ミネラルは細胞の分裂や酵素反応に必須だと言われています。そのためミネラル不足が体の治癒力低下を招くことになります。

体に必要な栄養素として、糖質・タンパク質・脂質・・ビタミン・ミネラルを5大栄養素と言います。
普通の食事ができれば、タンパク質や脂質や糖質が欠乏することはありませんが、ビタミンやミネラルは健常人でさえ不足しがちになるのです。

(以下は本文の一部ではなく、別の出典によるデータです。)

-- ===== src/Interpreter/Exec/Items.antt =====
-- crates/interpreter/src/exec.rs: the instructions of `step` on globals, tables, memories and segments.
use wasefire.Base.{ℕ, ◌%◌, ◌^◌, List, [], length, set, get_elem?, Bool, true, if◌then◌else◌}
use wasefire.Interpreter.Mode
use wasefire.Interpreter.Mode.{Outcome, ok, err, fault, out_of_fuel}
use wasefire.Interpreter.Syntax.Types.{NumType, MemArg, Sx}
use wasefire.Interpreter.Parser.Core.{total}
use wasefire.Interpreter.Module.{Module, elem, data_at, run}
use wasefire.Interpreter.Exec.Values.{Val}
use wasefire.Interpreter.Exec.Memory.{
  Table, grow, memory_growable, table_growable, memory_init, memory_copy, memory_fill, table_init,
  table_copy, table_fill,
}
use wasefire.Interpreter.Exec.Access.{memory_load, memory_store}
use wasefire.Interpreter.Exec.State.{Store, ◌>>=◌, pure, lift, pop_value, push_value}
use wasefire.Interpreter.Exec.Lookup.{
  Action, OnStore, in_store, in_thread, on_inst, inst, func_ptr, table, mem, global,
}
use wasefire.Interpreter.Exec.Segments.{ConstExpr, compute_elem, compute_data}
use wasefire.Interpreter.Exec.Numeric.{or_trap}
use wasefire.Interpreter.Exec.Operands.{pop_i32, pop_range}

-- What is read and stays, and what is changed.
unfoldable pub reading {ℓ κ} : {S : Type ℓ} {A : Type κ} → (S → Outcome A) → S → Outcome (A × S)
unfolding Mode.◌>>=◌
reading f s = Mode.◌>>=◌ (f s) λ a. ok (a, s)

unfoldable pub changing {ℓ} : {S : Type ℓ} → (S → Outcome S) → S → Outcome (Unit {0} × S)
unfolding Mode.◌>>=◌
changing f s = Mode.◌>>=◌ (f s) λ s'. ok (tt, s')

unfoldable pub global_get : ℕ → ℕ → Action (Unit {0})
global_get inst_id x = do
  v ← in_store (global inst_id x (reading λ v. ok v))
  in_thread (push_value v)

unfoldable pub global_set : ℕ → ℕ → Action (Unit {0})
global_set inst_id x = do v ← in_thread pop_value; in_store (global inst_id x (changing λ _. ok v))

unfoldable pub entry : ℕ → Table → Outcome Val
entry i t = or_trap (get_elem? t.elems i)

unfoldable pub set_entry : ℕ → Val → Table → Outcome Table
unfolding Mode.◌>>=◌
set_entry i v t = Mode.◌>>=◌ (entry i t) λ _. ok (record t { elems = set t.elems i v })

unfoldable pub table_get : ℕ → ℕ → Action (Unit {0})
table_get inst_id x = do
  i ← in_thread pop_i32
  v ← in_store (table inst_id x (reading (entry i)))
  in_thread (push_value v)

unfoldable pub table_set : ℕ → ℕ → Action (Unit {0})
table_set inst_id x = do
  v ← in_thread pop_value
  i ← in_thread pop_i32
  in_store (table inst_id x (changing (set_entry i v)))

unfoldable pub load : ℕ → NumType → ℕ → Sx → MemArg → Action (Unit {0})
load inst_id t n sx m = do
  i ← in_thread pop_i32
  v ← in_store (mem inst_id 0 (reading λ mem'. memory_load mem' t n sx m i))
  in_thread (push_value v)

unfoldable pub store : ℕ → NumType → ℕ → MemArg → Action (Unit {0})
store inst_id t n m = do
  c ← in_thread pop_value
  i ← in_thread pop_i32
  in_store (mem inst_id 0 (changing λ mem'. memory_store mem' t n m i c))

unfoldable pub memory_size : ℕ → Action (Unit {0})
memory_size inst_id = do
  n ← in_store (mem inst_id 0 (reading λ mem'. ok mem'.size))
  in_thread (push_value (Val.i32 n))

unfoldable pub memory_grow : ℕ → Action (Unit {0})
memory_grow inst_id = do
  n ← in_thread pop_i32
  r ← in_store (mem inst_id 0 (λ mem'. ok (grow memory_growable mem' n tt)))
  in_thread (push_value (Val.i32 r))

unfoldable pub ref_func : ℕ → ℕ → Action (Unit {0})
ref_func inst_id x = do ptr ← in_store (func_ptr inst_id x); in_thread (push_value (Val.ref ptr))

-- A parser of a segment, run where the segment is.
unfoldable pub evaluate {ℓ} :
    {A : Type ℓ}
    → (Module → ℕ → Outcome (List ℕ))
    → (Store → List ℕ → Outcome (A × List ℕ))
    → ℕ
    → ℕ
    → OnStore A
evaluate where_ parse inst_id x = do
  i ← inst inst_id
  bytes ← lift (where_ i.module_ x)
  λ s. reading (λ s'. run (parse s') bytes) s

-- The bytes of a data segment, none if it is dropped.
unfoldable pub data_of : ConstExpr → ℕ → ℕ → OnStore (List ℕ)
data_of const_expr inst_id x = do
  i ← inst inst_id
  dropped ← lift (total (get_elem? i.datas x))
  if dropped then pure [] else (do
    d ← evaluate data_at (compute_data const_expr inst_id) inst_id x
    λ s. ok (d.init, d.store))

unfoldable pub elems_of : ConstExpr → ℕ → ℕ → OnStore (List Val)
elems_of const_expr inst_id y = do
  i ← inst inst_id
  dropped ← lift (total (get_elem? i.elems y))
  if dropped then pure [] else (do
    e ← evaluate elem (compute_elem const_expr inst_id) inst_id y
    λ s. ok (e.init, e.store))

unfoldable pub init_memory : ConstExpr → ℕ → ℕ → Action (Unit {0})
init_memory const_expr inst_id x = do
  (n, s, d) ← in_thread pop_range
  bytes ← in_store (data_of const_expr inst_id x)
  in_store (mem inst_id 0 (changing λ mem'. memory_init d s n mem' bytes))

unfoldable pub drop_flag : ℕ → List Bool → Outcome (List Bool)
unfolding Mode.◌>>=◌
drop_flag x flags = Mode.◌>>=◌ (total (get_elem? flags x)) λ _. ok (set flags x true)

unfoldable pub data_drop : ℕ → ℕ → Action (Unit {0})
unfolding Mode.◌>>=◌
data_drop inst_id x = in_store (
    on_inst inst_id
      (changing λ i. Mode.◌>>=◌ (drop_flag x i.datas) λ datas. ok (record i { datas = datas })))

unfoldable pub elem_drop : ℕ → ℕ → Action (Unit {0})
unfolding Mode.◌>>=◌
elem_drop inst_id x = in_store (
    on_inst inst_id
      (changing λ i. Mode.◌>>=◌ (drop_flag x i.elems) λ elems. ok (record i { elems = elems })))

unfoldable pub copy_memory : ℕ → Action (Unit {0})
copy_memory inst_id = do
  (n, s, d) ← in_thread pop_range
  in_store (mem inst_id 0 (changing (memory_copy d s n)))

unfoldable pub fill_memory : ℕ → Action (Unit {0})
fill_memory inst_id = do
  (n, val, d) ← in_thread pop_range
  in_store (mem inst_id 0 (changing (memory_fill d val n)))

unfoldable pub init_table : ConstExpr → ℕ → ℕ → ℕ → Action (Unit {0})
init_table const_expr inst_id x y = do
  (n, s, d) ← in_thread pop_range
  elems ← in_store (elems_of const_expr inst_id y)
  in_store (table inst_id x (changing λ t. table_init d s n t elems))

unfoldable pub copy_table : ℕ → ℕ → ℕ → Action (Unit {0})
copy_table inst_id x y = do
  (n, s, d) ← in_thread pop_range
  source ← in_store (table inst_id y (reading λ t. ok t))
  in_store (table inst_id x (changing (table_copy d s n source)))

unfoldable pub table_grow : ℕ → ℕ → Action (Unit {0})
table_grow inst_id x = do
  n ← in_thread pop_i32
  val ← in_thread pop_value
  r ← in_store (table inst_id x (λ t. ok (grow table_growable t n val)))
  in_thread (push_value (Val.i32 r))

unfoldable pub table_size : ℕ → ℕ → Action (Unit {0})
table_size inst_id x = do
  n ← in_store (table inst_id x (reading λ t. ok (length t.elems % 2 ^ 32)))
  in_thread (push_value (Val.i32 n))

unfoldable pub fill_table : ℕ → ℕ → Action (Unit {0})
fill_table inst_id x = do
  n ← in_thread pop_i32
  val ← in_thread pop_value
  i ← in_thread pop_i32
  in_store (table inst_id x (changing (table_fill i val n)))
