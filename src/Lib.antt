-- ===== src/Lib.antt =====
-- A model of go-brrr, a Brotli encoder and decoder, and proofs about it. The encoder
-- (internal/encoder) turns matches into commands and distance codes and writes them with a bit
-- writer; the decoder (decode.go and bitreader.go) reads bits, resumably, and undoes each step;
-- internal/core holds the tables that both use.
--
-- The files, and the code that they model:
--   Prelude, with Tests, Lists, Int, BitOps, BitStream, Tables: Boolean tests, slices as lists,
--     Go's `int` conversions, bit operations as arithmetic, streams of bits, checks by evaluation.
--   Commands: internal/encoder/command.go. Its children prove the length codes (Lengths), the
--     704-symbol grid (Grid), the distance prefixes (DistanceSplit, Distances) and newCommand with
--     the accessors (Packing).
--   DistanceParams: the distance alphabet of internal/encoder/distance_params.go.
--   CmdLut, with Element and Rows0 to Rows3: the decoder's command table, internal/core/cmdlut.go.
--   Distance: computeDistanceCode of internal/encoder/encoder.go and the cache update of
--     internal/encoder/hash5.go; readDistance, calculateDistanceLut, takeDistanceFromRingBuffer and
--     what processCommands does with a distance, in decode.go. Lut gives the table's entries, Symbol
--     reads the encoder's symbols, Code says what a code stands for; Sync, Steps and Step relate
--     cache and ring, Stream runs whole lists.
--   BitReader: bitreader.go. Unread gives the stream of bits that a reader has left, Read the
--     reads, Copy the copies of whole bytes, Padding those after clear bits.
--   BitWriter: the bitWriter of internal/encoder/bitwriter.go with writeBits of
--     internal/encoder/le_generic.go. Written gives the bits written so far, Fields rows of writes,
--     Align whole bytes.
--   Resumable: the loop over a substate that the header decoders of decode.go share. Stream is the
--     same loop over a list of bits, Resume compares calls with cut input, Alike runs from states
--     that no case tells apart, ReadFields reads what was written.
--   Headers: encodeWindowBits, writeMetaBlockHeader, encodeMlen and storeVarLenUint8 of
--     internal/encoder; decodeWindowBits, decodeVarLenUint8 and decodeMetaBlockLength of decode.go.
--     VarLen, Window, Mlen, Nibbles, MetaBlock (stopping), Resuming, MetaBlockTrip (reading
--     back) and Uncompressed (with bytes after the header) hold the proofs.
--   Context, with Simple, Classes and Ids: internal/core/context.go.
--   Blocks: the block type codes of internal/encoder/block_encoder.go, getBlockLengthPrefixCode of
--     internal/encoder/constants.go, and the type ring and block lengths of decode.go, with the
--     proofs in Types and Lengths.
--   MoveToFront: moveToFrontTransform of internal/encoder/bitwriter.go and
--     inverseMoveToFrontTransform of decode.go, with the proof in Trip.
--   CodeLengths: the code lengths of a Huffman tree in the stream. Encode is encodeHuffmanTree of
--     internal/encoder/huffman_encode.go, Decode the code length loop of decode.go. RunEnd, Assign,
--     Reads, Repeats, Runs, Tree, Loop, Symbols, Linked and Trip prove that the one undoes the
--     other, Bounds that no stream leads outside the arrays.
--   Huffman: the canonical codes. Codes is convertBitDepthsToSymbols of
--     internal/encoder/huffman_encode.go, Table is BuildHuffmanTable of internal/core/huffman.go and
--     decodeSymbol of decode.go. Reverse, Counts, Kraft and Encoded prove what the encoder's codes
--     are; Fill and Root what the root table holds, Grow, Second, Place and Levels what the tables
--     behind it hold; Build, Rows and Trip that the table decodes the codes, ReadSymbol and SafeRead
--     that safeReadSymbol of decode.go does so on a stream that may be cut.
--   HuffmanTree: setDepth of internal/encoder/huffman_encode.go, with the proof in Leaves.
--   DecoderRing: the decoder's ring buffer, writeRingBuffer, ensureRingBuffer, pendingOutput and
--     flushOutput of decode.go. Slices and IsRing (what the ring holds), Turn (wrap-around and
--     flushes), Growth (larger arrays), Delivery (any order of the operations).
--   OutputChunks: chunkWriter of output_chunks.go. Copies gives the bytes of the chunks, Filled what a
--     write leaves in them, Taken the round trip.
--   ContextMap: the runs of zeros of a context map, runLengthCodeZeros and encodeContextMapBuf of
--     internal/encoder/bitwriter.go against decodeContextMap of decode.go. Trip proves that the
--     loop undoes the runs, Whole that the map comes back, Filled what holds of any stream.
--   Transforms: internal/core/transforms.go, its tables (Table) and TransformDictionaryWord (Word),
--     with what it leaves in a buffer (Written) and the 121 transforms (Bounds).
--   Tests: concrete runs, and the theorems at concrete inputs.
--
-- A Go `uint` or `uint64` is a natural number, with its wrap-around written out where the code
-- can reach it; an `int8` or `int` that may be negative is an integer of Prelude.Int. A slice is a
-- list. A write beyond a buffer, where Go panics, is none. Errors are values of the models' result
-- types.
--
-- Loops that are not structural run on fuel. bits.Len has 64 rounds, one for each bit. The loop
-- that pulls bytes has 4, and 24 bits need at most 3. decodeVarLenUint8 has 4 rounds and needs at
-- most 3, decodeMetaBlockLength has 16 and needs at most 13: every round lowers a rank. The scan
-- for a block length's code has 26, one for each code. A loop over the runs of a list, or over the
-- digits of a repetition, has a round for each entry, or one more than the repetition.
-- The loop over the regular codes of the distance table has a round for each code of the alphabet.
-- The loop that doubles the decoder's ring has 2, and needs at most 2, since the slack behind the
-- ring is smaller than the ring. The loop of write has a round for each byte.
-- replicateValue has a round for each slot of the table, the copies of the root table 8, one for
-- each bit of its index. setDepth takes a round for each node.
--
-- Not modelled: match finding, block splitting and the cost models, which choose among valid
-- outputs; the simple Huffman codes, the queues that build a tree and the writers of trees; the
-- dictionary's words; the decoder's main loop beyond its distance steps and the delivery from its
-- ring buffer; the readers and writers of the package's API beyond the chunks of their output; the
-- variants of the same functions in assembly, with unsafe loads or for big-endian targets.
pub mod Prelude
pub mod Commands
pub mod DistanceParams
pub mod CmdLut
pub mod CodeLengths
pub mod Huffman
pub mod HuffmanTree
pub mod OutputChunks
pub mod DecoderRing
pub mod Distance
pub mod BitReader
pub mod BitWriter
pub mod Resumable
pub mod Headers
pub mod Context
pub mod Blocks
pub mod MoveToFront
pub mod Transforms
pub mod ContextMap
pub mod Tests
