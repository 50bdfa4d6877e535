-- ===== src/BitReader.antt =====
-- bitreader.go: the decoder's bit reader, with an accumulator in front of the input bytes. The
-- fields `inputLen` and `fastEnd` are the length of the input and 32 less; `inputBase` is a second
-- pointer to the same bytes. A word has 64 bits.
pub mod Unread
pub mod Read
pub mod Copy
pub mod Padding
use go_brrr.Prelude.{
  ℕ, zero, suc, ◌+◌, ◌-◌, ◌*◌, ◌/◌, ◌%◌, ◌^◌, bit_and, bit_or, List, [], ◌∷◌, Bool, true, false,
  ltb, leb, ◌==◌, if◌then◌else◌, get_or, length, drop, Option, none, some, take, ◌++◌, min, ◌&&◌,
}

pub record BitReader : Type 0 where
  pub input : List ℕ
  pub pos : ℕ
  pub val : ℕ
  pub bit_pos : ℕ

unfoldable pub init : BitReader
init = record { input = []; pos = 0; val = 0; bit_pos = 0 }

unfoldable pub set_input : List ℕ → BitReader → BitReader
set_input bytes br = record br { input = bytes; pos = 0 }

-- The snapshot holds all but the input.
unfoldable pub restore_state : BitReader → BitReader → BitReader
restore_state saved br = record br { pos = saved.pos; val = saved.val; bit_pos = saved.bit_pos }

unfoldable pub avail_in : BitReader → ℕ
avail_in br = length br.input - br.pos

unfoldable pub remaining_bytes : BitReader → ℕ
remaining_bytes br = if ltb (2 ^ 30) (avail_in br) then 2 ^ 30 else avail_in br + br.bit_pos / 8

unfoldable pub check_input_amount : BitReader → Bool
check_input_amount br = leb (br.pos + 32) (length br.input)

unfoldable pub bit_mask : ℕ → ℕ
bit_mask n = 2 ^ (n % 64) - 1

unfoldable pub drop_bits : ℕ → BitReader → BitReader
drop_bits n br = record br {
  val = br.val / 2 ^ (n % 64);
  bit_pos = (br.bit_pos + 2 ^ 64 - n) % 2 ^ 64;
}

unfoldable pub take_bits : ℕ → BitReader → ℕ × BitReader
take_bits n br = (bit_and br.val (bit_mask n), drop_bits n br)

-- None when there is no byte left.
unfoldable pub pull_byte : BitReader → Option BitReader
pull_byte br =
    if leb (length br.input) br.pos
    then none
    else some record br {
      val = bit_or br.val (get_or br.input br.pos 0 * 2 ^ br.bit_pos % 2 ^ 64);
      bit_pos = br.bit_pos + 8;
      pos = br.pos + 1;
    }

unfoldable pub warmup : BitReader → Bool × BitReader
warmup br =
    if br.bit_pos == 0
    then elim (pull_byte record br { val = 0 }) [
      | none ↦ (false, record br { val = 0 })
      | some br' ↦ (true, br')
    ]
    else (true, br)

-- The loop that pulls bytes until n bits are there, on fuel; `false` when the input ran out.
unfoldable pub pull_bits : ℕ → ℕ → BitReader → Bool × BitReader
pull_bits zero n br = (leb n br.bit_pos, br)
pull_bits (suc fuel) n br = elim (ltb br.bit_pos n) [
  | false ↦ (true, br)
  | true ↦ elim (pull_byte br) [ none ↦ (false, br) | some br' ↦ pull_bits fuel n br' ]
]

-- Four bytes are enough for 24 bits.
abbrev pub pull_fuel : ℕ
pull_fuel = 4

unfoldable pub safe_get_bits : ℕ → BitReader → Option ℕ × BitReader
safe_get_bits n br =
    let (ok, br') = pull_bits pull_fuel n br in
    if ok then (some (bit_and br'.val (bit_mask n)), br') else (none, br')

unfoldable pub safe_read_bits : ℕ → BitReader → Option ℕ × BitReader
safe_read_bits n br =
    let (ok, br') = pull_bits pull_fuel n br in
    if ok then (let (v, br'') = take_bits n br' in (some v, br'')) else (none, br')

unfoldable pub safe_read_bits_32_slow : ℕ → BitReader → Option ℕ × BitReader
safe_read_bits_32_slow n br =
    let (low, br1) = safe_read_bits 16 br in
    elim low [
      | none ↦ (none, restore_state br br1)
      | some low_val ↦
          let (high, br2) = safe_read_bits (n - 16) br1 in
          elim high [
            | none ↦ (none, restore_state br br2)
            | some high_val ↦ (some (bit_or low_val (high_val * 2 ^ 16)), br2)
          ]
    ]

unfoldable pub safe_read_bits_32 : ℕ → BitReader → Option ℕ × BitReader
safe_read_bits_32 n br = if leb n 24 then safe_read_bits n br else safe_read_bits_32_slow n br

unfoldable pub load32 : List ℕ → ℕ → ℕ
load32 b i = bit_or (get_or b i 0) (
    bit_or (get_or b (i + 1) 0 * 2 ^ 8)
      (bit_or (get_or b (i + 2) 0 * 2 ^ 16) (get_or b (i + 3) 0 * 2 ^ 24)))

-- The input holds four more bytes wherever this is called.
unfoldable pub fill_bit_window : BitReader → BitReader
fill_bit_window br =
    if ltb br.bit_pos 32
    then record br {
      val = bit_or br.val (load32 br.input br.pos * 2 ^ br.bit_pos % 2 ^ 64);
      bit_pos = br.bit_pos + 32;
      pos = br.pos + 4;
    }
    else br

unfoldable pub read_bits : ℕ → BitReader → ℕ × BitReader
read_bits n br = take_bits n (fill_bit_window br)

unfoldable pub normalize : BitReader → BitReader
normalize br =
    if ltb br.bit_pos 64 then record br { val = bit_and br.val (bit_mask br.bit_pos) } else br

unfoldable pub unload : BitReader → BitReader
unload br =
    let unused_bytes = br.bit_pos / 8 in
    normalize record br { pos = br.pos - unused_bytes; bit_pos = br.bit_pos - unused_bytes * 8 }

-- `false` when a skipped padding bit is set.
unfoldable pub jump_to_byte_boundary : BitReader → Bool × BitReader
jump_to_byte_boundary br =
    let pad_bits_count = bit_and br.bit_pos 7 in
    let (pad_bits, br') = if pad_bits_count == 0 then (0, br) else take_bits pad_bits_count br in
    (pad_bits == 0, normalize br')

unfoldable pub drop_bytes : ℕ → BitReader → BitReader
drop_bytes n br = record br { pos = br.pos + n }

-- The loop of copyBytes over the accumulator: the bytes that are still missing come after it.
unfoldable pub drain : ℕ → BitReader → List ℕ × BitReader
drain zero br = ([], br)
drain (suc num) br =
    let rest = drain num (drop_bits 8 br) in
    if leb 8 br.bit_pos then (br.val % 256 ∷ rest.0, rest.1) else ([], br)

-- None where Go panics: past the end of the input.
unfoldable pub copy_bytes : ℕ → BitReader → Option (List ℕ × BitReader)
copy_bytes num br =
    let (bytes, drained) = drain num br in
    let br = normalize drained in
    let left = num - length bytes in
    if left == 0
    then some (bytes, br)
    else if leb (br.pos + left) (length br.input)
    then some (bytes ++ take left (drop br.pos br.input), record br { pos = br.pos + left })
    else none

特にがん患者の場合は、食事の摂取が少なくなり、ビタミンやミネラルの不足が目立つようになります。
一般的にはミネラルを摂取しただけではがんを消滅させたりできるわけがないと考えられています。確かにミネラル自身はがん細胞に直接作用することは無いと言われていますが、必須ミネラルが不足していれば体の免疫力向上・抗酸化力向上・再生能力向上など満足に行なうことができないと言われています。つまり、免疫力を高めるためにβグルカンのような免疫増強剤を使用しても、ミネラルが不足していては、免疫細胞を増やすことはできないということになります。

 

 

【ミネラルの働きと役割】

免疫システムそのものを活性化する免疫賦活(増強)剤と呼ばれる薬や健康食品がよく使用されますが、 免疫増強作用をもった薬剤や健康食品をいくら大量に使っても、栄養状態が悪ければ免疫(リンパ球)を十分に作れません。
つまり、ガソリンがあっても、エンジンオイルが無いと車を動かすことができないように、潤滑油の役目をするミネラルが大切だということがわかります。

ミネラルは体に備わった抗酸化酵素の働きを高めるために重要な働きをしています。

少し専門的な話になりますが、スーパーオキシドを過酸化水素に変えるスーパーオキシドディスムターゼ(SOD)の活性にはマンガン、銅、亜鉛が必要となります。また、過酸化水素を水と酸素に分解するカタラーゼには鉄が、グルタチオン・ペルオキシダーゼにはセレン(金属)が必要です。
セレンの不足はがんの発生と密接に関連していると言われ、セレンに富んだ食事は大腸、直腸、肝臓、乳房、卵巣、前立腺、膀胱、肺、皮膚の癌や白血病のリスクを減少させることがわかっています。

 

全ての細胞・組織・臓器には

★体のキズを治す力(創傷治癒力)
★細胞の働きの大元である遺伝子の異常を絶えず監視しているDNA修復システム
★組織の欠損を補う再生能力

が備わっており、この自己修復・再生システムの働きによって、体の構成成分を一定に、しかも正常な状態に保全することが可能になります。このような自己修復が円滑に行われるためには、必須ミネラルの働きが重要となります。なぜならば、細胞が分裂するためには、細胞内外の酵素反応の多くに必須ミネラルが関わっているからです。

 

さらに体の恒常性を維持する上で必要な神経やホルモンの働きにも、ミネラルは重要な役割を担っています。

※必須ミネラル13種:全て体内で合成できない。

亜鉛・カリウム・カルシウム・クロム・セレン・鉄・銅・ナトリウム・マグネシウム・マンガン・ヨウ素・モリブデン・リン

※ミネラルは人の体重の約5%程度を占める(成人男性で約3.5kg、成人女性で約2.8kg)
内訳→カルシウム1000g・リン500g・鉄3g・ナトリウム100g・カリウム200g・マグネシウム30g・硫黄150g・ 塩素150g

 

1)カルシウム Ca

[機能]血液の凝固、筋肉の収縮、神経興奮の抑制、血圧コントロール
[多く含まれる食品]牛乳、チーズ、ヨーグルト、干しエビ、モロヘイヤ、生揚げ、ケシの実、煮干し、丸干し、わかめ等。各種により吸収量が異なります。牛乳や乳製品は50%、小魚は30%、青菜は18%程度です。クエン酸や柑橘類、またご飯や麺はカルシウムの吸収率を高めると言われています。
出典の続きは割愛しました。